Stopping right after the line with "pub answer : Pending", please reproduce the material below exactly from its first line.
Start of Block
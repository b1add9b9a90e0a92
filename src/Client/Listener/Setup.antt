-- ===== src/Client/Listener/Setup.antt =====
-- client/listener.go: `initWebRTCAsOfferer` once the offer is on its way, `setupWebRTC`, `Connect`.
use yamrp.Client.Listener.Exchange
use yamrp.Prelude.{Bool, List, Option, [], if◌then◌else◌, none, some, suc, true, zero, ℕ, ◌&&◌, ◌∷◌}
use yamrp.Errors.{Error, canceled, is_failure, other}
use yamrp.Chan.{Chan, make_chan, receive, send}
use yamrp.Async.{Future, await_unordered}
use yamrp.Client.Listener.Offer.{Offered, fails, panics, sent}
use yamrp.Client.Listener.Exchange.{Exchange, Loop, new_exchange, returned}
pub mod Outcome
pub mod Callbacks
mod Tests

-- errors.New("connection failed") and errors.New("failed to setup webrtc")
abbrev pub connection_failed : Error
connection_failed = other 1

abbrev pub setup_failed : Error
setup_failed = other 2

-- webrtc.PeerConnectionState, as far as the callback tells the states apart
pub data ConnectionState : Type 0 where
  connected failed other_state : ConnectionState

-- initWebRTCAsOfferer: waiting for the answer, at its select, returned.
pub data Place : Type 0 where
  awaiting selecting : Place
  ended : Option Error → Place

-- A future of an error: not resolved, resolved, and received from
pub data Pending : Type 0 where
  unresolved received : Pending
  resolved : Option Error → Pending

pub record Setup : Type 0 where
  pub place : Place
  pub answer : Pending  -- answerErrFut
  pub ice : Pending  -- errICE
  pub exchange : Exchange  -- its context is ctxSetup
  pub connected_sig : Chan (Unit {0})
  pub failed_sig : Chan (Unit {0})
  -- callbacks that wait in a send on one of the two
  pub connected_calls : ℕ
  pub failed_calls : ℕ

-- initAndSendOffer has returned an identifier; waitForAnswer and exchangeICE are started.
unfoldable pub begin : Setup
unfolding new_exchange
begin = record {
  place = awaiting;
  answer = unresolved;
  ice = unresolved;
  exchange = new_exchange;
  connected_sig = make_chan 1;
  failed_sig = make_chan 1;
  connected_calls = 0;
  failed_calls = 0;
}

-- initWebRTCAsOfferer up to its Await: it returns, it panics, or it waits.
pub data Started : Type 0 where
  gives_up : Option Error → Started
  crashes : Started
  waits : Setup → Started

abbrev start_offered : Offered → Started
start_offered (fails err) = gives_up err
start_offered panics = crashes
start_offered (sent answerer_id) = waits begin

-- on the error of NewPeerConnection and what initAndSendOffer returned
pub start : Option Error → Offered → Started
unfolding begin
start new_err offered = if is_failure new_err then gives_up new_err else start_offered offered

pub data Event : Type 0 where
  -- exchangeICE or its goroutine goes on, ctxSetup ends with the listener's context
  exchanges : Exchange.Event → Event
  answer_resolves : Option Error → Event
  -- exchangeICE has returned, and its future is resolved
  ice_resolves : Event
  -- OnConnectionStateChange is called; its send is done
  state_changes : ConnectionState → Event
  connected_pushes failed_pushes : Event
  -- initWebRTCAsOfferer: Await, and the cases of its select
  takes_answer takes_done takes_connected takes_failed takes_ice : Event

-- return err, with the deferred cancelSetup
abbrev finish : Option Error → Setup → Setup
finish r x = record x { place = ended r; exchange = record x.exchange { done = true } }

abbrev exchanged : Setup → Option (Exchange × Unit {0}) → Option Setup
exchanged x none = none
exchanged x (some (y, out)) = some (record x { exchange = y })

pub resolve_answer : Option Error → Pending → Setup → Option Setup
resolve_answer err unresolved x = some (record x { answer = resolved err })
resolve_answer err _ x = none

pub resolve_ice : Pending → Exchange.Loop → Setup → Option Setup
resolve_ice unresolved (Exchange.returned r) x = some (record x { ice = resolved r })
resolve_ice _ _ x = none

pub change_state : ConnectionState → Setup → Setup
change_state connected x = record x { connected_calls = suc x.connected_calls }
change_state failed x = record x { failed_calls = suc x.failed_calls }
change_state other_state x = x

abbrev connected_pushed : ℕ → Setup → Option (Chan (Unit {0})) → Option Setup
connected_pushed n x none = none
connected_pushed n x (some c) = some (record x { connected_sig = c; connected_calls = n })

-- connectedSig <- struct{}{}
pub push_connected : ℕ → Setup → Option Setup
unfolding send
push_connected zero x = none
push_connected (suc n) x = connected_pushed n x (send x.connected_sig tt)

abbrev failed_pushed : ℕ → Setup → Option (Chan (Unit {0})) → Option Setup
failed_pushed n x none = none
failed_pushed n x (some c) = some (record x { failed_sig = c; failed_calls = n })

-- connectionFailedSig <- struct{}{}
pub push_failed : ℕ → Setup → Option Setup
unfolding send
push_failed zero x = none
push_failed (suc n) x = failed_pushed n x (send x.failed_sig tt)

-- errAns := answerErrFut.Await()
pub await_answer : Place → Pending → Setup → Option Setup
await_answer awaiting (resolved none) x = some (record x { place = selecting; answer = received })
await_answer awaiting (resolved (some e)) x =
    some (finish (some e) (record x { answer = received }))
await_answer _ _ x = none

-- case <-ctxSetup.Done()
pub take_done : Place → Setup → Option Setup
take_done selecting x = if x.exchange.done then some (finish (some canceled) x) else none
take_done _ x = none

abbrev connected_taken : Setup → Option (Unit {0} × Chan (Unit {0})) → Option Setup
connected_taken x none = none
connected_taken x (some (u, c)) = some (finish none (record x { connected_sig = c }))

-- case <-connectedSig
pub take_connected : Place → Setup → Option Setup
unfolding receive
take_connected selecting x = connected_taken x (receive x.connected_sig)
take_connected _ x = none

abbrev failed_taken : Setup → Option (Unit {0} × Chan (Unit {0})) → Option Setup
failed_taken x none = none
failed_taken x (some (u, c)) = some (finish (some connection_failed) (record x { failed_sig = c }))

-- case <-connectionFailedSig
pub take_failed : Place → Setup → Option Setup
unfolding receive
take_failed selecting x = failed_taken x (receive x.failed_sig)
take_failed _ x = none

-- case err := <-errICE.Ch(); without an error the loop goes on
pub take_ice : Place → Pending → Setup → Option Setup
take_ice selecting (resolved none) x = some (record x { ice = received })
take_ice selecting (resolved (some e)) x = some (finish (some e) (record x { ice = received }))
take_ice _ _ x = none

pub next : Event → Setup → Option Setup
unfolding resolve_answer resolve_ice change_state push_connected push_failed await_answer take_done
    take_connected take_failed take_ice
next (exchanges e) x = exchanged x (Exchange.step e x.exchange)
next (answer_resolves err) x = resolve_answer err x.answer x
next ice_resolves x = resolve_ice x.ice x.exchange.loop x
next (state_changes st) x = some (change_state st x)
next connected_pushes x = push_connected x.connected_calls x
next failed_pushes x = push_failed x.failed_calls x
next takes_answer x = await_answer x.place x.answer x
next takes_done x = take_done x.place x
next takes_connected x = take_connected x.place x
next takes_failed x = take_failed x.place x
next takes_ice x = take_ice x.place x.ice x

abbrev silently : Option Setup → Option (Setup × Unit {0})
silently none = none
silently (some x) = some (x, tt)

unfoldable pub step : Event → Setup → Option (Setup × Unit {0})
unfolding next
step e x = silently (next e x)

-- setupWebRTC: the first nil that AwaitUnordered delivers, or an error once its channel is closed
pub first_success : List (Option Error) → Option Error
first_success [] = some setup_failed
first_success (none ∷ rest) = none
first_success (some e ∷ rest) = first_success rest

abbrev delivered : Option (Chan (Option Error)) → Option (Option Error)
delivered none = none
delivered (some c) = some (first_success c.queue)

-- `none`: it waits for ever. `ways` are the results of the ways to set the connection up; the
-- program has one.
pub setup_webrtc : List (Future (Option Error)) → Option (Option Error)
unfolding first_success
setup_webrtc ways = delivered (await_unordered 2 ways)

-- Connect, once setupWebRTC has returned `r`. When the listener's context is done too, the select
-- may choose either case.
pub connect : Option Error → (ctx_done chosen : Bool) → Option Error
connect r ctx_done chosen = if ctx_done && chosen then some canceled else r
End of Block
COMPLETED EXERCISE:
repository b1add9b9a90e0a92
filename src/Client/Listener/Setup.antt
-- ===== src/Client/Listener/Setup.antt =====
-- client/listener.go: `initWebRTCAsOfferer` once the offer is on its way, `setupWebRTC`, `Connect`.
use yamrp.Client.Listener.Exchange
use yamrp.Prelude.{Bool, List, Option, [], if◌then◌else◌, none, some, suc, true, zero, ℕ, ◌&&◌, ◌∷◌}
use yamrp.Errors.{Error, canceled, is_failure, other}
use yamrp.Chan.{Chan, make_chan, receive, send}
use yamrp.Async.{Future, await_unordered}
use yamrp.Client.Listener.Offer.{Offered, fails, panics, sent}
use yamrp.Client.Listener.Exchange.{Exchange, Loop, new_exchange, returned}
pub mod Outcome
pub mod Callbacks
mod Tests

-- errors.New("connection failed") and errors.New("failed to setup webrtc")
abbrev pub connection_failed : Error
connection_failed = other 1

abbrev pub setup_failed : Error
setup_failed = other 2

-- webrtc.PeerConnectionState, as far as the callback tells the states apart
pub data ConnectionState : Type 0 where
  connected failed other_state : ConnectionState

-- initWebRTCAsOfferer: waiting for the answer, at its select, returned.
pub data Place : Type 0 where
  awaiting selecting : Place
  ended : Option Error → Place

-- A future of an error: not resolved, resolved, and received from
pub data Pending : Type 0 where
  unresolved received : Pending
  resolved : Option Error → Pending

pub record Setup : Type 0 where
  pub place : Place
  pub answer : Pending  -- answerErrFut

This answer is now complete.